My hope is that the US will modernize and implement its nuclear power sources and fully integrate them into the power grid. While I'm as doubtful as the author about whether Trump can move that along, his proposal is at least a federal step in the right direction.
But it takes a lot to overcome American paranoia about nuclear power. My guess is we will have to watch Europe and China take the lead on the new and safer emerging technologies that should eclipse our reliance (such as it is) on tech that is over half a century old. But as those technologies prove themselves in the real world, and work out any problems that develop, eventually America will have to follow along. And maybe, in our US-centric way, we might view the rest of the world as our guinea pigs.
That's not the way I'd like it, but anything that gets us over ourselves will be just fine by me.
Another excellent article. Thank you.
It is heartening to read that Europe and the US are making moves, however hesitant, to develop more nuclear power. Solar and wind are insufficient, alone, to achieve a net-zero-carbon energy mix, particularly as aggregate electricity demand continues to rise. Barring a revolutionary advance in energy storage technology, nuclear power will be essential as a source of non-intermittent, zero-carbon electricity.
But the authors are wrong about the reason: the issue is not that solar energy is low-inertia (though it is). Because of their intermittency, solar and wind need to be paired with battery storage, which provides the missing inertia. Batteries can react in microseconds to short-term changes in demand, soaking up excess production or discharging to provide a steady supply as needed. Coupled with sufficient battery storage, solar power provides more inertia to the system than that provided by the rotating mass of a turbine -- not less.
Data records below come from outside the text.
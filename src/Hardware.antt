-- ===== src/Hardware.antt =====
-- The machine of include/hardware.h and the kernel's constants of include.h and kernel.h: pages,
-- page table entries, user contexts, and the arithmetic of page numbers.
use yalnix_implementation.Base.{
  ℕ, ◌+◌, ◌-◌, ◌*◌, ◌/◌, ◌%◌, ◌^◌, ltb, if◌then◌else◌, ℤ, pos, negsuc, sub_ℕ,
}

-- `NULL`, and the address of an object
abbrev pub Ptr : Type 0
Ptr = ℕ

abbrev pub null : Ptr
null = 0

abbrev pub page_size : ℕ
page_size = 0x2000

-- `VMEM_REGION_SIZE`: the size of each of the two regions, and the base of region 1
abbrev pub vmem_region_size : ℕ
vmem_region_size = 0x100000

-- `MAX_PT_LEN`, which is also `USER_PT_SIZE` and `KERNEL_PT_SIZE`
abbrev pub max_pt_len : ℕ
max_pt_len = 128

-- `KERNEL_STACK_SIZE`, in pages, and the page of `KERNEL_STACK_BASE`
abbrev pub kernel_stack_size : ℕ
kernel_stack_size = 2

abbrev pub kernel_stack_page : ℕ
kernel_stack_page = 126

-- `VMEM_1_LIMIT`
abbrev pub vmem_1_limit : ℕ
vmem_1_limit = 0x200000

-- `INITIAL_STACK_FRAME_SIZE` and `POST_ARGV_NULL_SPACE`
abbrev pub initial_stack_frame_size : ℕ
initial_stack_frame_size = 0

abbrev pub post_argv_null_space : ℕ
post_argv_null_space = 0x20

abbrev pub num_terminals : ℕ
num_terminals = 4

abbrev pub terminal_max_line : ℕ
terminal_max_line = 1024

abbrev pub pipe_buffer_len : ℕ
pipe_buffer_len = 256

abbrev pub max_locks : ℕ
max_locks = 100

abbrev pub max_cvars : ℕ
max_cvars = 5000

-- `VALID_FRAME` and `INVALID_FRAME`, the valid bit of an entry
abbrev pub valid_frame : ℕ
valid_frame = 1

abbrev pub invalid_frame : ℕ
invalid_frame = 0

-- protections, in the order X W R
abbrev pub no_x_w_r : ℕ
no_x_w_r = 3

abbrev pub x_no_w_r : ℕ
x_no_w_r = 5

abbrev pub no_x_no_w_no_r : ℕ
no_x_no_w_no_r = 0

-- a page table entry
pub record Pte : Type 0 where
  pub valid : ℕ
  pub prot : ℕ
  pub pfn : ℕ

abbrev pub pte : ℕ → ℕ → ℕ → Pte
pte v p f = record { valid = v; prot = p; pfn = f }

-- `UserContext`
pub record UserContext : Type 0 where
  pub addr : ℕ
  pub code : ℕ
  pub sp : ℕ
  pub pc : ℕ

-- `n >> PAGESHIFT` of the 32-bit pattern of a signed `long`
unfoldable pub page_of : ℕ → ℤ
page_of w = if ltb w (2 ^ 31) then pos (w / page_size) else negsuc ((2 ^ 32 - 1 - w) / page_size)

-- `UP_TO_PAGE` and `DOWN_TO_PAGE`, as 32-bit patterns
unfoldable pub up_to_page : ℕ → ℕ
up_to_page w = (w + (page_size - 1)) % 2 ^ 32 / page_size * page_size

unfoldable pub down_to_page : ℕ → ℕ
down_to_page w = w / page_size * page_size

-- a page number of the address space as an index into region 1's page table
unfoldable pub region1_index : ℤ → ℤ
region1_index (pos n) = sub_ℕ n (vmem_region_size / page_size)
region1_index (negsuc n) = negsuc (n + vmem_region_size / page_size)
The real shortcoming of solar is seasonal. A cloud passing across an otherwise clear sky may drop solar output by 70% for a few minutes. It's nearly trivial for batteries to cope with that short fluctuation. The daily cycle is harder: solar panels produce nothing at night, so batteries need to store excess electricity during the day for use at night. A week of rain is harder still. Though we'll see how costs and efficiency of battery storage evolve, none of these situations seems a priori out of reach for solar plus batteries to handle.
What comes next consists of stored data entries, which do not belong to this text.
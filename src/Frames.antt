-- ===== src/Frames.antt =====
-- kernel.c's AllocatePFN and DeallocatePFN, and the loops over page tables of process.c and
-- syscalls.c that give frames out and take them back.
-- The free list is a list.c list; here it is the list of its items, last added first
-- (LinkedList/Stack.antt). `malloc` is a parameter: what its n-th call returns.
pub mod Loops
pub mod Conservation
pub mod Mapping
pub mod Unmapping
use yalnix_implementation.Base.{
  ℕ, suc, Bool, true, false, ◌==◌, if◌then◌else◌, Option, none, some, List, [], ◌∷◌,
}
use yalnix_implementation.Hardware.{Ptr, null}

pub record Memory : Type 0 where
  pub malloc : ℕ → Ptr
  -- the calls of `malloc` so far
  pub mallocs : ℕ
  pub pfn_list : List ℕ

-- Does the next call of `malloc` succeed?
abbrev pub malloc_fails : Memory → Bool
malloc_fails m = m.malloc m.mallocs == null

-- `none` is `ERROR`. A frame number 0 is taken off the list and refused.
unfoldable pub pop_frame : List ℕ → Option ℕ × List ℕ
pop_frame [] = (none, [])
pop_frame (f ∷ fs) = (if f == 0 then none else some f, fs)

unfoldable pub allocate_pfn : Memory → Option ℕ × Memory
unfolding pop_frame
allocate_pfn m = let (r, fs) = pop_frame m.pfn_list in (r, record m { pfn_list = fs })

-- `false` is `ERROR`: no list node could be allocated
unfoldable pub deallocate_pfn : ℕ → Memory → Bool × Memory
deallocate_pfn f m =
    if malloc_fails m
    then (false, record m { mallocs = suc m.mallocs })
    else (true, record m { mallocs = suc m.mallocs; pfn_list = f ∷ m.pfn_list })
Winter is a different story. Days get short, rainy weather (where I live) becomes much more common; elsewhere, solar panels may be blanketed with snow. Simultaneously, electricity demand for heat and light goes up. In California, with its solar-friendly climate, building sufficient battery storage to soak up summer's excess electricity and dole it out in sufficient quantity over the course of the winter is entirely infeasible (again, barring a revolutionary advance in storage technology). In a world of ants and grasshoppers, solar can't be the ant.
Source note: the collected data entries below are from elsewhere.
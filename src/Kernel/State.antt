-- ===== src/Kernel/State.antt =====
-- The state: processes, queues, memory, terminals, pipes, locks and condition variables.
use yalnix_implementation.Base.{
  ℕ, Bool, true, false, ◌==◌, if◌then◌else◌, Option, List, ℤ, pos, negsuc,
}
use yalnix_implementation.Hardware.{Ptr, Pte, UserContext}
use yalnix_implementation.Frames.{Memory}

-- the int that a failing function returns
abbrev pub error_code : ℤ
error_code = negsuc 0

-- the blocked codes; KernelExit also stores an exit code where they stand
abbrev pub not_blocked : ℤ
not_blocked = pos 0

abbrev pub blocked_delay : ℤ
blocked_delay = pos 1

abbrev pub blocked_wait : ℤ
blocked_wait = pos 2

abbrev pub blocked_tty_read : ℤ
blocked_tty_read = pos 3

abbrev pub blocked_tty_write : ℤ
blocked_tty_write = pos 4

abbrev pub blocked_tty_transmit : ℤ
blocked_tty_transmit = pos 5

abbrev pub blocked_pipe_read : ℤ
blocked_pipe_read = pos 6

abbrev pub blocked_pipe_write : ℤ
blocked_pipe_write = pos 7

abbrev pub blocked_lock_acquire : ℤ
blocked_lock_acquire = pos 8

-- Three pairs of constants of include.h have the same value.
abbrev pub unused_lock : ℕ
unused_lock = 0

abbrev pub free_lock : ℕ
free_lock = 0

abbrev pub unused_cvar : ℕ
unused_cvar = 0

abbrev pub used_cvar : ℕ
used_cvar = 0

abbrev pub terminal_open : ℕ
terminal_open = 1

abbrev pub terminal_closed : ℕ
terminal_closed = 0

abbrev pub pipe_free : ℕ
pipe_free = 0

abbrev pub pipe_not_free : ℕ
pipe_not_free = 1

-- `struct PCB`; the kernel context is an opaque value of the hardware
pub record Pcb : Type 0 where
  pub pid : ℕ
  pub ppid : ℕ
  pub num_children : ℤ
  pub clock_ticks : ℤ
  pub exit_code : ℤ
  pub user_context : UserContext
  pub kernel_context : ℕ
  pub user_page_table : List Pte
  pub user_stack_pt_index : ℕ
  pub user_heap_pt_index : ℕ
  pub user_text_pt_index : ℕ
  pub user_data_pt_index : ℕ
  pub kernel_stack_pt : List Pte
  pub blocked_code : ℤ
  pub tty_terminal : ℕ

-- the queues of processes that a `queue_t *` can point to
pub data QueueId : Type 0 where
  ready blocked defunct : QueueId
  tty_read tty_write lock_acquire cvar_wait pipe_wait : ℕ → QueueId

abbrev pub eq_queue : QueueId → QueueId → Bool
eq_queue ready ready = true
eq_queue blocked blocked = true
eq_queue defunct defunct = true
eq_queue (tty_read i) (tty_read j) = i == j
eq_queue (tty_write i) (tty_write j) = i == j
eq_queue (lock_acquire i) (lock_acquire j) = i == j
eq_queue (cvar_wait i) (cvar_wait j) = i == j
eq_queue (pipe_wait i) (pipe_wait j) = i == j
eq_queue _ _ = false

-- The `queue` field of a pipe: the head pipe's is never set, a new pipe's may be `NULL`.
pub data PipeQueue : Type 0 where
  unset : PipeQueue
  set_to : Option QueueId → PipeQueue

-- `struct pipe`, with its address
pub record Pipe : Type 0 where
  pub addr : Ptr
  pub id : ℤ
  pub buf : List ℕ
  pub plen : ℕ
  pub being_used : ℕ
  pub queue : PipeQueue

-- what the kernel writes through a user's pointer, and what it hands to `TtyTransmit`
pub data Output : Type 0 where
  int_at : Ptr → ℤ → Output
  bytes_at : Ptr → List ℕ → Output
  transmit : ℕ → List ℕ → Output

pub record Kernel : Type 0 where
  pub pcbs : Ptr → Option Pcb
  pub active_pcb : Ptr
  pub idle_pcb : Ptr
  -- oldest first (Queue/Fifo.antt)
  pub queues : QueueId → List Ptr
  pub memory : Memory
  -- what the n-th call of `helper_new_pid` returns, and the calls so far
  pub new_pid : ℕ → ℕ
  pub pids : ℕ
  -- region 0's page table, and the PCB whose table is in REG_PTBR1 (at boot, the table itself)
  pub k_pt : List Pte
  pub ptbr1 : Ptr
  -- the kernel context that the hardware runs in
  pub kernel_context : ℕ
  -- the user context of the trap in progress, on each process's kernel stack; `none` is `NULL`
  pub uctxt : Ptr → Option UserContext
  pub global_clock_ticks : ℕ
  pub tty_read_buffers : ℕ → List ℕ
  pub tty_read_trackers : ℕ → ℕ
  pub tty_write_trackers : ℕ → ℕ
  -- the linked list of pipes, the head pipe first
  pub pipes : List Pipe
  -- list.c lists, last added first (LinkedList/Stack.antt)
  pub lock_list : List ℤ
  pub cvar_list : List ℤ
  pub lock_status : ℕ → ℕ
  pub cvar_status : ℕ → ℕ
  -- newest first
  pub outputs : List Output

-- a change of an array or a map at one index
abbrev pub put {ℓ} : {A : Type ℓ} → (ℕ → A) → ℕ → A → ℕ → A
put f i v j = if j == i then v else f j

abbrev pub put_queue : (QueueId → List Ptr) → QueueId → List Ptr → QueueId → List Ptr
put_queue f q v r = if eq_queue r q then v else f r
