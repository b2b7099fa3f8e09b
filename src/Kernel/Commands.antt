-- ===== src/Kernel/Commands.antt =====
-- Commands: state and undefined behaviour, the memory accesses, and the queues as the kernel uses
-- them.
use yalnix_implementation.Base.{
  ℕ, suc, ◌==◌, if◌then◌else◌, Option, none, some, List, [], ◌∷◌, ◌++◌, ℤ, pos,
}
use yalnix_implementation.Hardware.{Ptr, null, UserContext}
use yalnix_implementation.Frames.{malloc_fails}
use yalnix_implementation.Kernel.State.{Kernel, Pcb, QueueId, Output, put, put_queue, error_code}

pub data Run (A : Type 0) : Type 0 where
  ok : A → Kernel → Run A
  fault : Run A

abbrev pub M : Type 0 → Type 0
M A = Kernel → Run A

abbrev pub pure : {A : Type 0} → A → M A
pure a k = ok a k

infixl 5 ◌>>=◌ ◌>>◌
abbrev pub ◌>>=◌ : {A B : Type 0} → M A → (A → M B) → M B
◌>>=◌ m f k = elim (m k) [ ok a k' ↦ f a k' | fault ↦ fault ]

abbrev pub ◌>>◌ : {B : Type 0} → M (Unit {0}) → M B → M B
m >> n = m >>= λ _. n

abbrev pub gets : {A : Type 0} → (Kernel → A) → M A
gets f k = ok (f k) k

abbrev pub modify : (Kernel → Kernel) → M (Unit {0})
modify f k = ok tt (f k)

abbrev pub undefined_behaviour : {A : Type 0} → M A
undefined_behaviour k = fault

-- `*p` for a `pcb_t *`
abbrev pub find_pcb : Kernel → Ptr → Option Pcb
find_pcb k p = if p == null then none else k.pcbs p

unfoldable pub load_pcb : Ptr → M Pcb
load_pcb p k = elim (find_pcb k p) [ none ↦ fault | some c ↦ ok c k ]

unfoldable pub update_pcb : Ptr → (Pcb → Pcb) → M (Unit {0})
update_pcb p f k = elim (find_pcb k p) [
  | none ↦ fault
  | some c ↦ ok tt (record k { pcbs = put k.pcbs p (some (f c)) })
]

abbrev pub set_queue : QueueId → List Ptr → Kernel → Kernel
set_queue q xs k = record k { queues = put_queue k.queues q xs }

-- one call of `malloc` for a queue's node: does it fail?
abbrev pub count_malloc : Kernel → Kernel
count_malloc k = record k { memory = record k.memory { mallocs = suc k.memory.mallocs } }

-- `queue_add`; `none` is the `NULL` queue
unfoldable pub queue_add : Option QueueId → Ptr → M ℤ
queue_add none p k = ok error_code k
queue_add (some q) p k =
    if p == null
    then ok error_code k
    else if malloc_fails k.memory
    then ok error_code (count_malloc k)
    else ok (pos 0) (set_queue q (k.queues q ++ p ∷ []) (count_malloc k))

-- `queue_pop`; the result is `NULL` where the queue is empty
unfoldable pub queue_pop : QueueId → M Ptr
queue_pop q k = elim (k.queues q) [ [] ↦ ok null k | p ∷ ps ↦ ok p (set_queue q ps k) ]

-- `queue_peek`
unfoldable pub queue_peek : QueueId → M Ptr
queue_peek q k = elim (k.queues q) [ [] ↦ ok null k | p ∷ _ ↦ ok p k ]

-- a write through a user's pointer, or to a terminal
abbrev pub emit : Output → M (Unit {0})
emit o = modify λ k. record k { outputs = o ∷ k.outputs }

-- The command ends without undefined behaviour, in a value and a state with `P`.
pub data Ends {A : Type 0} (P : A → Kernel → Type 0) : Run A → Type 0 where
  ends : {a : A} {k : Kernel} → P a k → Ends P (ok a k)

-- a weaker postcondition
pub Ends-mono :
    {A : Type 0} {P Q : A → Kernel → Type 0} {r : Run A}
    → Ends P r
    → ((a : A) (k : Kernel) → P a k → Q a k)
    → Ends Q r
Ends-mono (ends p) weaken = ends (weaken _ _ p)

-- Where a system call or trap goes on after a switch, with the locals that it still needs.
pub data Point : Type 0 where
  in_fork : Ptr → Point
  in_wait : Ptr → ℕ → Point
  in_delay : Point
  in_exit : Point
  in_acquire : ℤ → Point
  in_cvar_wait : ℤ → Point
  in_pipe_read : Ptr → Ptr → ℕ → Point
  in_pipe_write : Ptr → List ℕ → Point
  in_tty_read : ℕ → Ptr → ℕ → Point
  in_tty_write : ℕ → List ℕ → ℕ → Point
  in_clock : Point
  in_kill : Point

-- The value that a system call returns; or the process is switched away and goes on at a point when
-- it runs again; or control is at a point, with no switch.
pub data Outcome : Type 0 where
  returns : ℤ → Outcome
  sleeps : Point → Outcome
  goes : Point → Outcome

abbrev pub refuse : M Outcome
refuse = pure (returns error_code)

abbrev pub active_process : M Pcb
active_process k = load_pcb k.active_pcb k

abbrev pub update_active : (Pcb → Pcb) → M (Unit {0})
update_active f k = update_pcb k.active_pcb f k

-- the user context that the trap handler was given; `none` is `NULL`
abbrev pub trap_context : M (Option UserContext)
trap_context k = ok (k.uctxt k.active_pcb) k

-- a postcondition of the first command is a precondition of the second
pub Ends-bind :
    {A B : Type 0} {P : A → Kernel → Type 0} {Q : B → Kernel → Type 0} (m : M A) (f : A → M B)
    (k : Kernel)
    → Ends P (m k)
    → ((a : A) (k' : Kernel) → P a k' → Ends Q (f a k'))
    → Ends Q ((m >>= f) k)
Ends-bind {A} {P = P} {Q = Q} m f k r next = split (m k) r
  where
    split : (r : Run A) → Ends P r → Ends Q (elim r [ ok a k' ↦ f a k' | fault ↦ fault ])
    split r (ends {a} {k = k'} p) = next a k' p
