-- ===== src/Kernel.antt =====
-- The kernel's global state (kernel.c's globals, struct PCB of process.h, struct pipe of pipe.h) and
-- the commands over it. A PCB is found by its address; reading one through `NULL` or after `free`
-- is undefined behaviour, which ends a command in `fault`.
mod State
mod Commands
pub mod Processes
unfoldable pub use State.*
unfoldable pub use Commands.*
Of course, none of this means that deploying large-scale solar and wind generation is a bad idea. It just means that solar and wind can only be part of the zero-carbon future, not the whole story. How big a part? Time, technological progress, and markets will answer that question. It's also contingent on location: solar electricity will be a bigger part of the answer in Phoenix, where peak demand occurs on blazing summer afternoons, than in Buffalo, where frigid winter nights are peak demand time.